Anyway, there are far more beautiful things to see in Valpo than this one monument, which we basically didn’t even talk about during the tour. First we took their light rail to the fish market.

Our guide on the right, a Swiss gentleman traveling with his daughter on the left.

To say the fish market was lively would be quite the understatement. Large crowds being served from dozens of stalls rapidly distributed the catch of the morning.

Far more than just fish.

The fishing method seemed to be limited to small independent outfits using drag lines

And small boats adorned by literal waking nightmares.

Why would you even need lines/nets when you can just present the fish this visage and wait for them to beg for the sweet release of death?

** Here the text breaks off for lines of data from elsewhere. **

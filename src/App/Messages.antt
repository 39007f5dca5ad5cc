-- ===== src/App/Messages.antt =====
-- `app_handle_protocol_event`: what the messages of the server do.
use xiaozhi.App.Actions.{handle_action}
use xiaozhi.App.State.{App, World, set_state, upload_off, reset_to_idle}
use xiaozhi.AudioBuffer
use xiaozhi.Base.{true, false, [], ◌∷◌, Status, ok, failed, if◌then◌else◌, ◌==◌, ◌&&◌}
use xiaozhi.Base.Int.{ℤ, pos, is_positive, int_eq}
use xiaozhi.Base.Strings.{Bytes, truncate}
use xiaozhi.Event.{EventType}
use xiaozhi.Opus.{Decoder, decoder_init, decoder_destroy}
use xiaozhi.Protocol.{Kind, IncomingEvent}
use xiaozhi.Session.{Action, Session, State, handle_event}

unfoldable pub with_decoder : App → ℤ → Status × Decoder → App
with_decoder app rate (ok, decoder) = record app { decoder = decoder; decoder_sample_rate = rate }
with_decoder app rate (failed, decoder) = record app { decoder = decoder }

unfoldable pub reinit_decoder : {Item : Type 0} → World Item → App → ℤ → ℤ → App
unfolding with_decoder
reinit_decoder w app rate channels =
    if int_eq rate app.decoder_sample_rate && int_eq channels (pos 1)
    then app
    else with_decoder app rate
        (decoder_init (decoder_destroy app.decoder) rate channels w.decoder_created)

unfoldable pub update_decoder_from_hello : {Item : Type 0} → World Item → App → IncomingEvent → App
update_decoder_from_hello w app event =
    reinit_decoder w app
      (if is_positive event.output_sample_rate
        then event.output_sample_rate
        else app.decoder_sample_rate)
      (if is_positive event.output_channels then event.output_channels else pos 1)

-- `session_id` is copied from a hello that has one.
unfoldable pub take_session_id : App → Bytes → App
take_session_id app [] = app
take_session_id app (c ∷ id) = record app { session_id = truncate 64 (c ∷ id) }

after_event : {Item : Type 0} → World Item → App → Action × Session → App
after_event w app (action, session) = handle_action w (record app { session = session }) action

-- `app_handle_action(app, session_handle_event(&app->session, type))`
unfoldable pub handle_session : {Item : Type 0} → World Item → App → EventType → App
unfolding after_event
handle_session w app type = after_event w app (handle_event app.session type)

unfoldable pub handle_hello : {Item : Type 0} → World Item → App → IncomingEvent → App
handle_hello w app event =
    handle_session w (update_decoder_from_hello w (take_session_id app event.session_id) event)
      EventType.ws_hello

unfoldable pub tts_start : App → App
tts_start app = record (set_state (upload_off app) State.playing_tts) { tts_done = false }

unfoldable pub tts_stop : App → App
tts_stop app =
    if AudioBuffer.size app.playback.queue == 0
    then reset_to_idle (record app { tts_done = true })
    else record app { tts_done = true }

-- The `switch`; the other kinds are only logged.
unfoldable pub handle_kind : {Item : Type 0} → World Item → App → IncomingEvent → Kind → App
handle_kind w app event Kind.hello = handle_hello w app event
handle_kind w app event Kind.tts_start = tts_start app
handle_kind w app event Kind.tts_stop = tts_stop app
handle_kind w app event _ = app

unfoldable pub handle_protocol_event : {Item : Type 0} → World Item → App → IncomingEvent → App
handle_protocol_event w app event = handle_kind w app event event.type
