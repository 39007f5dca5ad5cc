-- ===== src/App/Loop.antt =====
-- `app_run`: the handling of an event, the standard input, and the loop.
use xiaozhi.App.Actions.{connect}
use xiaozhi.App.Messages.{handle_session, handle_protocol_event}
use xiaozhi.App.State.{App, World, push_event, set_state, reset_to_idle, request_stop}
use xiaozhi.Base.{Bool, true, false, not, ◌||◌, List, [], ◌∷◌, Option, none, some, if◌then◌else◌}
use xiaozhi.Base.Int.{ℤ, pos, negsuc}
use xiaozhi.Base.Strings.{Bytes, codes, str_eq}
use xiaozhi.Event.{Event, EventType}
use xiaozhi.EventQueue
use xiaozhi.EventQueue.{EventQueue, Popped, Sleep}
use xiaozhi.Protocol.{parse_incoming_json}
use xiaozhi.Session.{State}

unfoldable pub is_uploading : State → Bool
is_uploading State.uploading_audio = true
is_uploading _ = false

-- A line that is only the end of a line.
unfoldable pub press_enter : App → App
press_enter app =
    if is_uploading app.session.state
    then push_event app EventType.manual_stop none (pos 0)
    else push_event app EventType.manual_start none (pos 0)

unfoldable pub handle_manual_line : App → Bytes → App
handle_manual_line app line =
    if str_eq line (codes "q\n") || str_eq line (codes "q\r\n")
    then request_stop app
    else if str_eq line (codes "\n") || str_eq line (codes "\r\n")
    then press_enter app
    else app

-- What `app_poll_stdin` finds: nothing to read (or no terminal), a line, the end of the input, or an
-- error.
pub data Stdin : Type 0 where
  nothing : Stdin
  line : Bytes → Stdin
  end_of_input : Stdin
  error : Stdin

unfoldable pub poll_stdin : App → Stdin → App
poll_stdin app nothing = app
poll_stdin app (line text) = handle_manual_line app text
poll_stdin app end_of_input = request_stop app
poll_stdin app Stdin.error = app

-- A message of the server; one that cannot be parsed is only logged.
unfoldable pub handle_text : {Item : Type 0} → World Item → App → Bytes → App
handle_text w app text = elim (parse_incoming_json w.json text) [
  | none ↦ app
  | some event ↦ handle_protocol_event w app event
]

unfoldable pub finish_playback : App → App
finish_playback app = if app.tts_done then reset_to_idle app else app

-- The `switch` of the loop, for the event's type and text.
unfoldable pub dispatch_type : {Item : Type 0} → World Item → App → EventType → Bytes → App
dispatch_type w app EventType.manual_start text = handle_session w app EventType.manual_start
dispatch_type w app EventType.wakeword_detected text =
    handle_session w app EventType.wakeword_detected
dispatch_type w app EventType.manual_stop text = handle_session w app EventType.manual_stop
dispatch_type w app EventType.ws_connected text = handle_session w app EventType.ws_connected
dispatch_type w app EventType.ws_text text = handle_text w app text
dispatch_type w app EventType.capture_silence_timeout text =
    handle_session w app EventType.capture_silence_timeout
dispatch_type w app EventType.playback_finished text = finish_playback app
dispatch_type w app EventType.error text = handle_session w app EventType.error
dispatch_type w app EventType.shutdown text = record app { stop_requested = true }
dispatch_type w app _ text = app

unfoldable pub dispatch : {Item : Type 0} → World Item → App → Event → App
dispatch w app event = dispatch_type w app event.type event.text

-- A round of the loop: what the wait for an event meets, the answers of the outside, and the standard
-- input.
pub record Tick (Item : Type 0) : Type 0 where
  pub sleeps : List Sleep
  pub world : World Item
  pub stdin : Stdin

-- How a round ends: the wait for an event does not end in these sleeps, the queue fails, or the state
-- in which the test of the loop follows.
pub data Round : Type 0 where
  waits failed : Round
  next : App → Round

unfoldable pub after_pop : {Item : Type 0} → Tick Item → App → Option (Popped × EventQueue) → Round
after_pop t app none = waits
after_pop t app (some (Popped.failure, events)) = failed
after_pop t app (some (Popped.nothing, events)) =
    next (poll_stdin (record app { events = events }) t.stdin)
after_pop t app (some (Popped.event e, events)) =
    next (poll_stdin (dispatch t.world (record app { events = events }) e) t.stdin)

-- One round of the `while` loop behind its test.
unfoldable pub round : {Item : Type 0} → Tick Item → App → Round
unfolding after_pop
round t app = after_pop t app (EventQueue.pop app.events (pos 100) t.sleeps)

-- After some rounds, the loop has returned 0 or -1, waits, or is before its next test.
pub data Progress : Type 0 where
  returned : ℤ → App → Progress
  waits : Progress
  running : App → Progress

unfoldable pub run_loop : {Item : Type 0} → App → List (Tick Item) → Progress
run_loop app [] = running app
run_loop app (t ∷ ticks) =
    if app.stop_requested then Progress.returned (pos 0) app else (elim (round t app) [
      | Round.waits ↦ Progress.waits
      | failed ↦ Progress.returned (negsuc 0) app
      | next app' ↦ run_loop app' ticks
    ])

-- The start of `app_run`, up to its loop.
unfoldable pub begin_run : {Item : Type 0} → World Item → App → App
begin_run w app =
    let idle = reset_to_idle app in
    if not idle.client_started then connect w (set_state idle State.connecting) else idle

pub data Run : Type 0 where
  stops : ℤ → Run
  loops : App → Run

-- `app_run` up to its loop: the value that it returns early, or the state in which the loop begins.
unfoldable pub run : {Item : Type 0} → World Item → App → Run
run w app =
    if not app.initialized
    then stops (negsuc 0)
    else if app.activation_pending
    then stops (pos 1)
    else if app.skip_runtime_init
    then stops (pos 0)
    else loops (begin_run w app)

Not all of the fish parts can be used of course, and there was steady competition for the remainder among the seabirds and some big fat seals.

We traveled up a funicular nearby, into the nearby residential area on the north part of the bay. Our walk back down was punctuation by some of the gorgeous murals that are endemic and ever changing in Valparaíso.

Just outside the public library. Considerable overlap in these titles/authors and our own bookshelves at home.
Relatively newer buildings; enormous murals coming standard in this city.
As our guide explained, this one was done in the style of the guerrilla artwork common during the dictatorship; at great risk to the artists at the time.

We gradually descended to the square outside the Congress building. This legislature was moved to Valpo at the behest of Pinochet and, appropriately, was the site of numerous protests during 2019. Our guide, Sebastian, was living right next to the building.

The square was filled with merchants and stalls selling some produce but mostly consumer goods - shoes, clothing, toys. A large revival-style band was playing:

I was wearing a rainbow shirt and started to feel awfully conspicuous at this point.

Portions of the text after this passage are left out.